11. luka

509 30 10
                                    

"Adek minum obat ya?"

Sandy masih setia menggeleng. Membuat Chandra menghela napas. Sudah sejak tadi ia membujuk putranya agar mau minum obat, tapi Sandy kekeh menolak. Keadaan Sandy tidak juga membaik, berbeda dengan Fandy yang sudah kembali sehat.

"Kapan sembuhnya kalo enggak mau minum obat. Minum obat ya, Nak?"

"Enggak! Ayah capek?"

"Ayah enggak capek, tapi ayah khawatir adek enggak sembuh-sembuh gini. Emang adek suka?"

Sandy menggeleng lagi.

Chandra tidak tega pada Sandy yang tidak kunjung sembuh. Ia juga tidak ingin memaksa kehendaknya pada sang putra. Chandra setiap mengusap punggung Sandy yang tidur menelungkup, ia baru saja memijatnya beberapa menit yang lalu. Jika sudah sakit, Sandy akan merasakan semua sakit di tubuhnya, kaki tangannya, punggungnya, sendi-sendinya, itu akan terasa sakit, Chandra akan memijatnya saat anak itu merengek tidak enak pada tubuhnya.

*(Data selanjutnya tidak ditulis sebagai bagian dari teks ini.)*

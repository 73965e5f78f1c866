-- ===== src/Elimination/Survive.antt =====
-- RunJvElimination (src/cpu/jv_elimination.cpp) and the tours of the active graph.
use cuda_edge_elimination.Base.{
  ℕ, zero, suc, ◌+◌, ◌≡◌, refl, sym, ◌⊎◌, inl, inr, List, [], ◌∷◌, Bool, true, false, arith,
  Bool-cases, if◌then◌else◌, length, subst, ◌==◌, not, ◌&&◌, Mem, ◌↔◌,
}
use cuda_edge_elimination.Base.Outcome.{Outcome, ok, err, Outcome-cases}
use cuda_edge_elimination.Types.{Candidate}
use cuda_edge_elimination.Distance.{FloatOps}
use cuda_edge_elimination.Distance.Rounding.{FloatLaws}
use cuda_edge_elimination.Graph.{GraphSnapshot}
use cuda_edge_elimination.Graph.Hash.{content_hash}
use cuda_edge_elimination.Graph.Rows.{IsWellFormed}
use cuda_edge_elimination.Graph.Metric.{metric, WeightsMatch}
use cuda_edge_elimination.Graph.Edges.{Adjacent}
use cuda_edge_elimination.Tours.{IsOptimal, Along}
use cuda_edge_elimination.Jv.{verify_jv_candidate, verify_candidates, find_jv_candidates_cpu}
use cuda_edge_elimination.Jv.Sound.{verify_jv_candidate-not-Uses}
use cuda_edge_elimination.Commit.{commit_verified_candidates}
use cuda_edge_elimination.Commit.Edges.{Every}
use cuda_edge_elimination.Commit.Lists.{Every-mono}
use cuda_edge_elimination.Commit.Result.{commit-IsWellFormed, commit-dimension}
use cuda_edge_elimination.Commit.Preserve.{Spares, commit-Along, commit-metric, commit-WeightsMatch}
use cuda_edge_elimination.Elimination.{Backend, EliminationResult}
use cuda_edge_elimination.Elimination.Run.{
  Device, Epoch, run_epoch, run_rounds, run_jv_elimination, wants_cuda, extend, is_cuda, initial,
  finish,
}

-- A consistent snapshot with an optimal tour among its active edges.
pub record Keeps (fp : FloatOps) (t : List ℕ) (g : GraphSnapshot) : Type 0 where
  pub well_formed : IsWellFormed g
  pub weights : WeightsMatch fp g g.edges
  pub optimal : IsOptimal (metric fp g) g.dimension t
  pub along : Along (Adjacent g.edges) t

module _ (fp : FloatOps) where
  -- A commit of candidates that spare the tour keeps all of this.
  pub commit-Keeps :
      (t : List ℕ) (g : GraphSnapshot) (candidates : List Candidate) (hash : ℕ) (g' : GraphSnapshot)
      (committed : List Candidate)
      → commit_verified_candidates g candidates hash ≡ ok (g', committed)
      → Every (Spares g.edges t) candidates
      → Keeps fp t g
      → Keeps fp t g'
  commit-Keeps t g candidates hash g' committed h spared k = record {
    well_formed = commit-IsWellFormed g candidates hash g' committed k.well_formed h;
    weights = commit-WeightsMatch fp g candidates hash g' committed h k.weights;
    optimal =
        subst (λ d. IsOptimal d g'.dimension t)
          (sym (commit-metric fp g candidates hash g' committed h))
          (subst (λ n. IsOptimal (metric fp g) n t)
            (sym (commit-dimension g candidates hash g' committed h)) k.optimal);
    along = commit-Along g candidates hash g' committed t h spared k.along;
  }

  abbrev pub Verified : GraphSnapshot → Candidate → Type 0
  Verified g c = verify_jv_candidate fp g c ≡ ok true

  -- The accepted candidates are the verified ones among those given, and the others are counted.
  abbrev pub Checked : GraphSnapshot → List Candidate → List Candidate × ℕ → Type 0
  Checked g cs r =
      Every (Verified g) r.0
      × (length r.0 + r.1 ≡ length cs)
      × ((c : Candidate) → Mem c r.0 ↔ (Mem c cs × Verified g c))

  Mem-accept :
      (g : GraphSnapshot) (c : Candidate) (cs accepted : List Candidate)
      → Verified g c
      → ((d : Candidate) → Mem d accepted ↔ (Mem d cs × Verified g d))
      → (d : Candidate) → Mem d (c ∷ accepted) ↔ (Mem d (c ∷ cs) × Verified g d)
  Mem-accept g c cs accepted now same d = (
    λ m. elim m [
      | inl here ↦ (inl here, subst (Verified g) (sym here) now)
      | inr there ↦ (inr ((same d).0 there).0, ((same d).0 there).1)
    ],
    λ (m, fine). elim m [ inl here ↦ inl here | inr there ↦ inr ((same d).1 (there, fine)) ],
  )

  Mem-reject :
      (g : GraphSnapshot) (c : Candidate) (cs accepted : List Candidate)
      → verify_jv_candidate fp g c ≡ ok false
      → ((d : Candidate) → Mem d accepted ↔ (Mem d cs × Verified g d))
      → (d : Candidate) → Mem d accepted ↔ (Mem d (c ∷ cs) × Verified g d)
  Mem-reject g c cs accepted now same d = (
    λ m. (inr ((same d).0 m).0, ((same d).0 m).1),
    λ (m, fine). elim m [
      | inl here ↦ let fine' : Verified g c = subst (Verified g) here fine in absurd (ground arith)
      | inr there ↦ (same d).1 (there, fine)
    ],
  )

  -- When VerifyCandidates returns, it accepts exactly those of the candidates given that
  -- VerifyJvCandidate holds of, and the accepted candidates and the count of rejected ones add up to
  -- the candidates given.
  pub verify_candidates-Checked :
      (g : GraphSnapshot) (cs : List Candidate) (r : List Candidate × ℕ)
      → verify_candidates fp g cs ≡ ok r
      → Checked g cs r
  unfolding verify_candidates
  verify_candidates-Checked g [] r h =
      let same : ([], 0) ≡ r = cc in
      subst (Checked g []) same (tt, refl, λ c. (λ m. absurd m, λ (m, _). absurd m))
  verify_candidates-Checked g (c ∷ cs) r h = elim (Outcome-cases (verify_jv_candidate fp g c)) [
    | inr (e, bad) ↦ absurd (ground arith)
    | inl (true, now) ↦ elim (Outcome-cases (verify_candidates fp g cs)) [
      | inr (e, bad) ↦ absurd (ground arith)
      | inl (r', later) ↦
          let (every, count, exact) = verify_candidates-Checked g cs r' later in
          let same : (c ∷ r'.0, r'.1) ≡ r = ground arith in
          subst (Checked g (c ∷ cs)) same
            ((now, every), omega arith, Mem-accept g c cs r'.0 now exact)
    ]
    | inl (false, now) ↦ elim (Outcome-cases (verify_candidates fp g cs)) [
      | inr (e, bad) ↦ absurd (ground arith)
      | inl (r', later) ↦
          let (every, count, exact) = verify_candidates-Checked g cs r' later in
          let same : (r'.0, r'.1 + 1) ≡ r = ground arith in
          subst (Checked g (c ∷ cs)) same (every, omega arith, Mem-reject g c cs r'.0 now exact)
    ]
  ]

  pub Verified-Spares :
      (t : List ℕ) (g : GraphSnapshot)
      → FloatLaws fp
      → Keeps fp t g
      → (c : Candidate) → Verified g c
      → Spares g.edges t c
  Verified-Spares t g laws k c v e at =
      verify_jv_candidate-not-Uses fp g laws k.well_formed k.weights c e at v t k.optimal k.along

module _ (fp : FloatOps) (device : Device) where
  abbrev proposals : Bool → GraphSnapshot → Outcome (List Candidate)
  proposals use_cuda g = if use_cuda then device.propose g else find_jv_candidates_cpu fp g

  run_epoch_parts :
      (use_cuda : Bool) (g : GraphSnapshot) (epoch : ℕ) (e : Epoch)
      → run_epoch fp device use_cuda g epoch ≡ ok e
      → (verified committed : List Candidate) × Every (Verified fp g) verified
        × (commit_verified_candidates g verified (content_hash g) ≡ ok (e.graph, committed))
  unfolding run_epoch
  run_epoch_parts use_cuda g epoch e h = elim (Outcome-cases (proposals use_cuda g)) [
    | inr (x, bad) ↦ absurd (ground arith)
    | inl (proposed, proposed_eq) ↦ elim (Outcome-cases (verify_candidates fp g proposed)) [
      | inr (x, bad) ↦ absurd (ground arith)
      | inl ((verified, rejected), verified_eq) ↦
          elim (Outcome-cases (commit_verified_candidates g verified (content_hash g))) [
            | inr (x, bad) ↦ absurd (ground arith)
            | inl ((g', committed), committed_eq) ↦ (
              verified,
              committed,
              (verify_candidates-Checked fp g proposed (verified, rejected) verified_eq).0,
              ground arith,
            )
          ]
    ]
  ]

module _ (fp : FloatOps) (device : Device) (laws : FloatLaws fp) (t : List ℕ) where
  -- An epoch that returns leaves a snapshot that keeps the tour.
  run_epoch-Keeps :
      (use_cuda : Bool) (g : GraphSnapshot) (epoch : ℕ) (e : Epoch)
      → run_epoch fp device use_cuda g epoch ≡ ok e
      → Keeps fp t g
      → Keeps fp t e.graph
  run_epoch-Keeps use_cuda g epoch e h k =
      let (verified, committed, every, eq) = run_epoch_parts fp device use_cuda g epoch e h in
      commit-Keeps fp t g verified (content_hash g) e.graph committed eq
        (Every-mono (Verified-Spares fp t g laws k) verified every) k

  run_rounds-Keeps :
      {P : Type 0} (use_cuda : Bool) (rounds : ℕ) (epoch : ℕ) (g : GraphSnapshot)
      (result : EliminationResult P)
      → Keeps fp t g
      → Keeps fp t (run_rounds fp device use_cuda rounds epoch g result).0
  unfolding run_rounds
  run_rounds-Keeps use_cuda zero epoch g result k = k
  run_rounds-Keeps use_cuda (suc rounds) epoch g result k =
      elim (Outcome-cases (run_epoch fp device use_cuda g epoch)) [
        | inr (x, bad) ↦
            let stay : (run_rounds fp device use_cuda (suc rounds) epoch g result).0 ≡ g =
              ground arith in
            subst (Keeps fp t) (sym stay) k
        | inl (e, good) ↦
            let now = run_epoch-Keeps use_cuda g epoch e good k in
            let next = extend fp device result e in
            let later = run_rounds-Keeps use_cuda rounds (suc epoch) e.graph next now in
            elim (Bool-cases (e.metrics.committed == 0)) [
              | inl stop ↦
                  let here : (run_rounds fp device use_cuda (suc rounds) epoch g result).0
                      ≡ e.graph =
                    ground arith in
                  subst (Keeps fp t) (sym here) now
              | inr go ↦
                  let there : (run_rounds fp device use_cuda (suc rounds) epoch g result).0
                      ≡ (run_rounds fp device use_cuda rounds (suc epoch) e.graph next).0 =
                    ground arith in
                  subst (Keeps fp t) (sym there) later
            ]
      ]

finish_graph :
    (fp : FloatOps) (device : Device) {P : Type 0}
    (r : GraphSnapshot × Outcome (EliminationResult P))
    → (finish fp device r).0 ≡ r.0
finish_graph fp device (g, err e) = refl
finish_graph fp device (g, ok result) = refl

-- The run is refused and leaves the snapshot alone, or it leaves what its rounds leave.
run_cases :
    (fp : FloatOps) (device : Device) (P : Type 0) (g : GraphSnapshot) (backend : Backend)
    (max_rounds : ℕ)
    → ((run_jv_elimination fp device P g backend max_rounds).0 ≡ g)
      ⊎ ((result : EliminationResult P) × ((run_jv_elimination fp device P g backend max_rounds).0
            ≡ (run_rounds fp device (wants_cuda device g backend) max_rounds 0 g result).0))
unfolding run_jv_elimination
run_cases fp device P g backend max_rounds = elim (Bool-cases (max_rounds == 0)) [
  | inl none ↦ inl (ground arith)
  | inr some_rounds ↦ elim (Bool-cases (is_cuda backend && not (wants_cuda device g backend))) [
    | inl bad ↦ inl (ground arith)
    | inr fine ↦
        let use_cuda = wants_cuda device g backend in
        let start : EliminationResult P = initial fp device use_cuda g in
        let same = finish_graph fp device (run_rounds fp device use_cuda max_rounds 0 g start) in
        inr (start, ground arith)
  ]
]

-- RunJvElimination never loses an optimal tour.  Take a consistent snapshot whose distances are
-- those of its metric, and any tour t over the active edges that is optimal for that metric among
-- all tours of the vertices. Whatever the CUDA device answers, whichever backend is asked for,
-- however many rounds are allowed, and whether the run returns or an exception ends it, the
-- snapshot that the caller is left with is consistent and still has every edge of t active,
-- provided rounding and truncation of doubles do not depend on the order of the two points.
pub run_jv_elimination-Keeps :
    (fp : FloatOps) (device : Device) (P : Type 0) (g : GraphSnapshot) (backend : Backend)
    (max_rounds : ℕ) (t : List ℕ)
    → FloatLaws fp
    → Keeps fp t g
    → Keeps fp t (run_jv_elimination fp device P g backend max_rounds).0
unfolding run_jv_elimination
run_jv_elimination-Keeps fp device P g backend max_rounds t laws k =
    elim (run_cases fp device P g backend max_rounds) [
      | inl refused ↦ subst (Keeps fp t) (sym refused) k
      | inr (result, ran) ↦
          subst (Keeps fp t) (sym ran) (
            run_rounds-Keeps fp device laws t (wants_cuda device g backend) max_rounds 0 g result k)
    ]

"Balik ke depan tidurnya, nanti sesak," perintah Chandra karena sudah lama Sandy menelungkup seperti itu. Biasanya anak itu malah tidur duduk dengan menyandar pada sang ayah agar ayahnya bisa memijat punggungnya.

Fandy tidak perlu minum obat untuk sembuh, ia bisa sembuh sendiri karena penyebabnya demam adalah kepalanya yang terantuk kuat. Berbeda dengan Sandy yang memang sakit karena ia tidak menjaga tubuhnya dengan baik.

Hari sudah larut malam, tapi Chandra belum bisa tidur karena si bungsu yang mengeluh tubuhnya tidak nyaman. Di kamar itu hanya ada mereka berdua. Fandy sudah baikan dan ia memilih tidur di kamarnya sendiri karena tidak mau mengganggu sang adik.

Sejak anak-anaknya kecil, saat mereka sakit ya Chandra lah yang turun tangan. Memang selain Chandra siapa lagi yang bisa diandalkan? Ia mengurus anak-anaknya sendirian. Dan ketika anaknya itu sakit, hanya kepada Chandralah mereka merengek dan mengeluh atas semua yang mereka rasakan.

***

Seperti biasanya, larut malam Bintang baru pulang. Setelah kelasnya hari ini selesai, ia pergi bersama kekasihnya dan menghabiskan waktu sampai malam untuk berkencan. Jelas semua itu ajakan sang kekasih. Jika tidak diminta pergi, Bintang tidak akan pergi apalagi pagi tadi pamannya mengatakan adiknya sakit. Siapa yang sakit? Dan seperti apa keadaannya saat ini? itulah yang dari tadi ada di benaknya.

Ketika ia melangkah ke dapur untuk mengambil minum, salah seorang adiknya ada di sana sedang bermain games di ponsel dengan segelas susu yang tersisa setengah. Dia tidak mengalihkannya saat ada yang datang dan duduk di sampingnya.

"Kamu sakit?"

Fandy seketika menoleh dan mengabaikan ponselnya saat tahu siapa yang datang dari suara yang ia dengar. "Udah enggak."

Bintang mengangguk.

"Adek yang sakit."

Bintang tidak menanggapi ucapan sang adik, ia meminum segelas air yang ia ambil tadi. Setelah selesai ia beranjak. "Jangan begadang kalo enggak mau sakit," ujarnya.

"Kak."

"Hm?"

"Sandy sakit, enggak mau dilihat?"

"Udah ada ayah kan?"

Tahu maksud dari sang kakak, Fandy tidak lagi membalas ucapannya. Membiarkan kakak pertamanya itu meninggalkan ruang makan.

Fandy tidak pernah tahu kenapa kedua kakaknya bersikap seperti itu. Yang Fandy tahu, sejak mereka kecil tidak pernah dekat. Meski sesekali Bintang itu baik pada Fandy. Mereka itu seolah bukan anggota keluarga, tidak pernah berada di rumah dan menghabiskan seharian di luar rumah. Mungkin bagi mereka rumah hanya untuk tempat mereka tidur.